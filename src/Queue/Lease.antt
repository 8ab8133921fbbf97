-- ===== src/Queue/Lease.antt =====
-- The lease of a claimed task (textlake/queue/worker.py): until it is over or the task has ended,
-- no other claim gets the task.
use meritmolt.Prelude.{
  ℕ, ◌+◌, ◌≤◌, ◌≡◌, ◌≢◌, refl, subst, inl, inr, Bool, true, false, ◌&&◌, not, Option, none, some,
  String, List, [], ◌∷◌, All, All-append, All-update, All-keep_if, All-update_where, All-Among,
  Bool-cases, Option-cases, arith, find_if, is_none, update_if,
}
use meritmolt.Queue.{
  CrawlTask, Queue, Digests, enqueue, insert_task, new_task, is_claimable, is_unlocked, has_task_id,
  has_dedupe_key, claim, lock_for, lease, select_task, delete_task, postpone_row, postpone_task,
  fail_task, fail_row,
}
use meritmolt.Queue.Claim.{IsFirst, select_task-IsFirst}
use meritmolt.Queue.Scheduler.{
  Memory, enqueue_due, enqueue_feed, enqueue_list_submolts, recover_if_due, recover_parked,
  is_parked, unpark, due,
}
use meritmolt.Queue.Steps.{
  Ending, no_handler, returned, transient, raised, end_task, Event, enqueues, claims, ends,
  schedules, step, run_events,
}

-- Every row with the id is locked until `until` at least.
abbrev pub LockedRow : ℕ → ℕ → CrawlTask → Type 0
LockedRow i until task = has_task_id i task ≡ true → is_unlocked until task.locked_until ≡ false

abbrev pub Locked : ℕ → ℕ → Queue → Type 0
Locked i until queue = All (LockedRow i until) queue

-- An event of the lease: its clock is within the lease, the ids it draws are new, and it is not the
-- end of the task.
abbrev pub Within : ℕ → ℕ → Event → Type 0
Within i until (enqueues id now kind params priority) = id ≢ i
Within i until (claims worker now held) = now ≤ until
Within i until (ends task_id now ending) = task_id ≢ i
Within i until (schedules m fresh now) =
    (fresh.list_submolts ≢ i)
    × (fresh.hot ≢ i)
    × (fresh.new ≢ i)
    × (fresh.rising ≢ i)
    × (fresh.top ≢ i)

module _ (i until : ℕ) where
  insert_task-Locked :
      (id now : ℕ) (kind : String) (params : _) (key : String) (priority : ℕ) (queue : Queue)
      → id ≢ i
      → Locked i until queue
      → Locked i until (insert_task id now kind params key priority queue)
  unfolding insert_task new_task
  insert_task-Locked id now kind params key priority queue fresh h =
      elim (Bool-cases (is_none (find_if (has_dedupe_key key) queue))) [
        | inl t ↦
            rw t
              (All-append (LockedRow i until) queue _ h ((λ e. absurd (fresh (ground arith))), tt))
        | inr f ↦ rw f h
      ]

  -- An update of the rows of another id.
  update_other-Locked :
      (task_id : ℕ) (f : CrawlTask → CrawlTask) (queue : Queue)
      → task_id ≢ i
      → ((x : CrawlTask) → (f x).id ≡ x.id)
      → Locked i until queue
      → Locked i until (update_if (has_task_id task_id) f queue)
  update_other-Locked task_id f queue other same h =
      All-update_where (LockedRow i until) (has_task_id task_id) f queue
        (λ x t p e. absurd (other (ground (arith, t, e, same x)))) h

  -- Another task's end.
  end_task-Locked :
      (task_id now : ℕ) (ending : Ending) (queue : Queue)
      → task_id ≢ i
      → Locked i until queue
      → Locked i until (end_task task_id now ending queue)
  unfolding end_task delete_task postpone_task postpone_row fail_task fail_row
  end_task-Locked task_id now no_handler queue other h = All-keep_if (LockedRow i until) _ queue h
  end_task-Locked task_id now returned queue other h = All-keep_if (LockedRow i until) _ queue h
  end_task-Locked task_id now (transient reset_at error) queue other h =
      update_other-Locked task_id (postpone_row now reset_at error) queue other (λ x. refl) h
  end_task-Locked task_id now (raised error) queue other h =
      update_other-Locked task_id (fail_row now error) queue other (λ x. refl) h

  -- A claim within the lease selects another task.
  select_task-other :
      (now : ℕ) (held : CrawlTask → Bool) (queue : Queue) (task : CrawlTask)
      → now ≤ until
      → select_task now held queue ≡ some task
      → Locked i until queue
      → task.id ≢ i
  select_task-other now held queue task within selected h same =
      let (among, claimable, first) =
        subst (IsFirst (λ t. is_claimable now t && not (held t)) queue) selected
          (select_task-IsFirst now held queue) in
      let locked : is_unlocked until task.locked_until ≡ false =
        All-Among (LockedRow i until) queue task h among (ground (arith, same)) in
      still_locked task.locked_until (and_last _ _ (and_first _ _ claimable)) locked
    where
      and_first : (a b : Bool) → (a && b) ≡ true → a ≡ true
      and_first true b e = refl
      and_first false b e = absurd (cc)

      and_last : (a b : Bool) → (a && b) ≡ true → b ≡ true
      and_last true b e = e
      and_last false b e = absurd (cc)

      still_locked : (o : Option ℕ) → is_unlocked now o ≡ true → is_unlocked until o ≡ false → ⊥
      still_locked none e f = cc
      still_locked (some t) e f = ground (arith, within)

  claim-Locked :
      (worker : String) (now : ℕ) (held : CrawlTask → Bool) (queue : Queue)
      → now ≤ until
      → Locked i until queue
      → Locked i until (claim worker now held queue).1
  unfolding claim
  claim-Locked worker now held queue within h = elim (Option-cases (select_task now held queue)) [
    | inl e ↦ rw e h
    | inr (task, e) ↦ rw e (
        update_other-Locked task.id _ queue (select_task-other now held queue task within e h)
          (λ x. refl) h)
  ]

  enqueue_feed-Locked :
      (lib : Digests) (sort : String) (last : Option ℕ) (id now : ℕ) (queue : Queue)
      → id ≢ i
      → Locked i until queue
      → Locked i until (enqueue_feed lib sort last id now queue)
  unfolding enqueue_feed
  enqueue_feed-Locked lib sort last id now queue fresh h = elim (Bool-cases (due 60 now last)) [
    | inl t ↦ rw t (insert_task-Locked id now "poll_posts_feed" _ _ 8 queue fresh h)
    | inr f ↦ rw f h
  ]

  enqueue_list_submolts-Locked :
      (lib : Digests) (m : Memory) (id now : ℕ) (queue : Queue)
      → id ≢ i
      → Locked i until queue
      → Locked i until (enqueue_list_submolts lib m id now queue)
  unfolding enqueue_list_submolts
  enqueue_list_submolts-Locked lib m id now queue fresh h =
      elim (Bool-cases (due 900 now m.last_list_submolts)) [
        | inl t ↦ rw t (insert_task-Locked id now "list_submolts" _ _ 10 queue fresh h)
        | inr f ↦ rw f h
      ]

  recover_if_due-Locked :
      (m : Memory) (now : ℕ) (queue : Queue)
      → Locked i until queue
      → Locked i until (recover_if_due m now queue)
  unfolding recover_if_due recover_parked
  recover_if_due-Locked m now queue h = elim (Bool-cases (due 600 now m.last_parked_recovery)) [
    | inl t ↦ rw t (All-update (LockedRow i until) (is_parked now) (unpark now) queue (λ x k. k) h)
    | inr f ↦ rw f h
  ]

  step-Locked :
      (lib : Digests) (e : Event) (queue : Queue)
      → Within i until e
      → Locked i until queue
      → Locked i until (step lib e queue)
  unfolding step enqueue enqueue_due
  step-Locked lib (enqueues id now kind params priority) queue within h =
      insert_task-Locked id now kind params _ priority queue within h
  step-Locked lib (claims worker now held) queue within h =
      claim-Locked worker now held queue within h
  step-Locked lib (ends task_id now ending) queue within h =
      end_task-Locked task_id now ending queue within h
  step-Locked lib (schedules m fresh now) queue (a, b, c, d, e) h = recover_if_due-Locked m now _ (
      enqueue_feed-Locked lib "top" m.last_top fresh.top now _ e (
        enqueue_feed-Locked lib "rising" m.last_rising fresh.rising now _ d (
          enqueue_feed-Locked lib "new" m.last_new fresh.new now _ c (
            enqueue_feed-Locked lib "hot" m.last_hot fresh.hot now _ b
              (enqueue_list_submolts-Locked lib m fresh.list_submolts now queue a h)))))

  run_events-Locked :
      (lib : Digests) (events : List Event) (queue : Queue)
      → All (Within i until) events
      → Locked i until queue
      → Locked i until (run_events lib events queue)
  unfolding run_events
  run_events-Locked lib [] queue within h = h
  run_events-Locked lib (e ∷ events) queue within h =
      run_events-Locked lib events (step lib e queue) within.1 (step-Locked lib e queue within.0 h)

-- The claim itself locks the task for the lease.
claim-locks :
    (worker : String) (now : ℕ) (held : CrawlTask → Bool) (queue : Queue) (task : CrawlTask)
    → (claim worker now held queue).0 ≡ some task
    → Locked task.id (now + lease) (claim worker now held queue).1
unfolding claim
claim-locks worker now held queue task e = rw e (lock_all queue)
  where
    lock_all :
        (rows : Queue)
        → Locked task.id
            (now + lease)
            (update_if (has_task_id task.id) (lock_for worker (now + lease)) rows)
    lock_all [] = tt
    lock_all (x ∷ rows) = elim (Bool-cases (has_task_id task.id x)) [
      | inl t ↦ rw t ((λ _. ground arith), lock_all rows)
      | inr f ↦ rw f ((λ e. absurd (let g : false ≡ true = rw f at e in cc)), lock_all rows)
    ]

-- A claimed task is not claimed a second time during its lease: after a claim and any further
-- history of enqueues, claims, ends of other tasks and passes of the scheduler, a claim at most 300
-- seconds after the first gets another task, when the claims of the history are within the lease too and no
-- new row draws the task's id. No end of the claimed task is in the history: neither that of its own
-- worker nor that of an earlier claimant whose lease ran out, which would clear the lock too.
pub lease_exclusive :
    (lib : Digests) (worker : String) (now : ℕ) (held : CrawlTask → Bool) (queue : Queue)
    (task : CrawlTask)
    → (claim worker now held queue).0 ≡ some task
    → (events : List Event) → All (Within task.id (now + lease)) events
    → (worker' : String) (now' : ℕ) (held' : CrawlTask → Bool) (other : CrawlTask)
    → now' ≤ now + lease
    → (claim worker' now' held' (run_events lib events (claim worker now held queue).1)).0
      ≡ some other
    → other.id ≢ task.id
unfolding claim
lease_exclusive lib worker now held queue task claimed events within worker' now' held' other early
      again =
    select_task-other task.id (now + lease) now' held' _ other early again (
      run_events-Locked task.id (now + lease) lib events _ within
        (claim-locks worker now held queue task claimed))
-*-*-
▸ **What is being asked**: Give back exactly what runs from the first line of the listing above to the line that contains "(fresh.rising ≢ i)", keeping both end lines.

▸ **Result for this exercise**:
filename src/Queue/Lease.antt
repository 8ab8133921fbbf97
-- ===== src/Queue/Lease.antt =====
-- The lease of a claimed task (textlake/queue/worker.py): until it is over or the task has ended,
-- no other claim gets the task.
use meritmolt.Prelude.{
  ℕ, ◌+◌, ◌≤◌, ◌≡◌, ◌≢◌, refl, subst, inl, inr, Bool, true, false, ◌&&◌, not, Option, none, some,
  String, List, [], ◌∷◌, All, All-append, All-update, All-keep_if, All-update_where, All-Among,
  Bool-cases, Option-cases, arith, find_if, is_none, update_if,
}
use meritmolt.Queue.{
  CrawlTask, Queue, Digests, enqueue, insert_task, new_task, is_claimable, is_unlocked, has_task_id,
  has_dedupe_key, claim, lock_for, lease, select_task, delete_task, postpone_row, postpone_task,
  fail_task, fail_row,
}
use meritmolt.Queue.Claim.{IsFirst, select_task-IsFirst}
use meritmolt.Queue.Scheduler.{
  Memory, enqueue_due, enqueue_feed, enqueue_list_submolts, recover_if_due, recover_parked,
  is_parked, unpark, due,
}
use meritmolt.Queue.Steps.{
  Ending, no_handler, returned, transient, raised, end_task, Event, enqueues, claims, ends,
  schedules, step, run_events,
}

-- Every row with the id is locked until `until` at least.
abbrev pub LockedRow : ℕ → ℕ → CrawlTask → Type 0
LockedRow i until task = has_task_id i task ≡ true → is_unlocked until task.locked_until ≡ false

abbrev pub Locked : ℕ → ℕ → Queue → Type 0
Locked i until queue = All (LockedRow i until) queue

-- An event of the lease: its clock is within the lease, the ids it draws are new, and it is not the
-- end of the task.
abbrev pub Within : ℕ → ℕ → Event → Type 0
Within i until (enqueues id now kind params priority) = id ≢ i
Within i until (claims worker now held) = now ≤ until
Within i until (ends task_id now ending) = task_id ≢ i
Within i until (schedules m fresh now) =
    (fresh.list_submolts ≢ i)
    × (fresh.hot ≢ i)
    × (fresh.new ≢ i)
    × (fresh.rising ≢ i)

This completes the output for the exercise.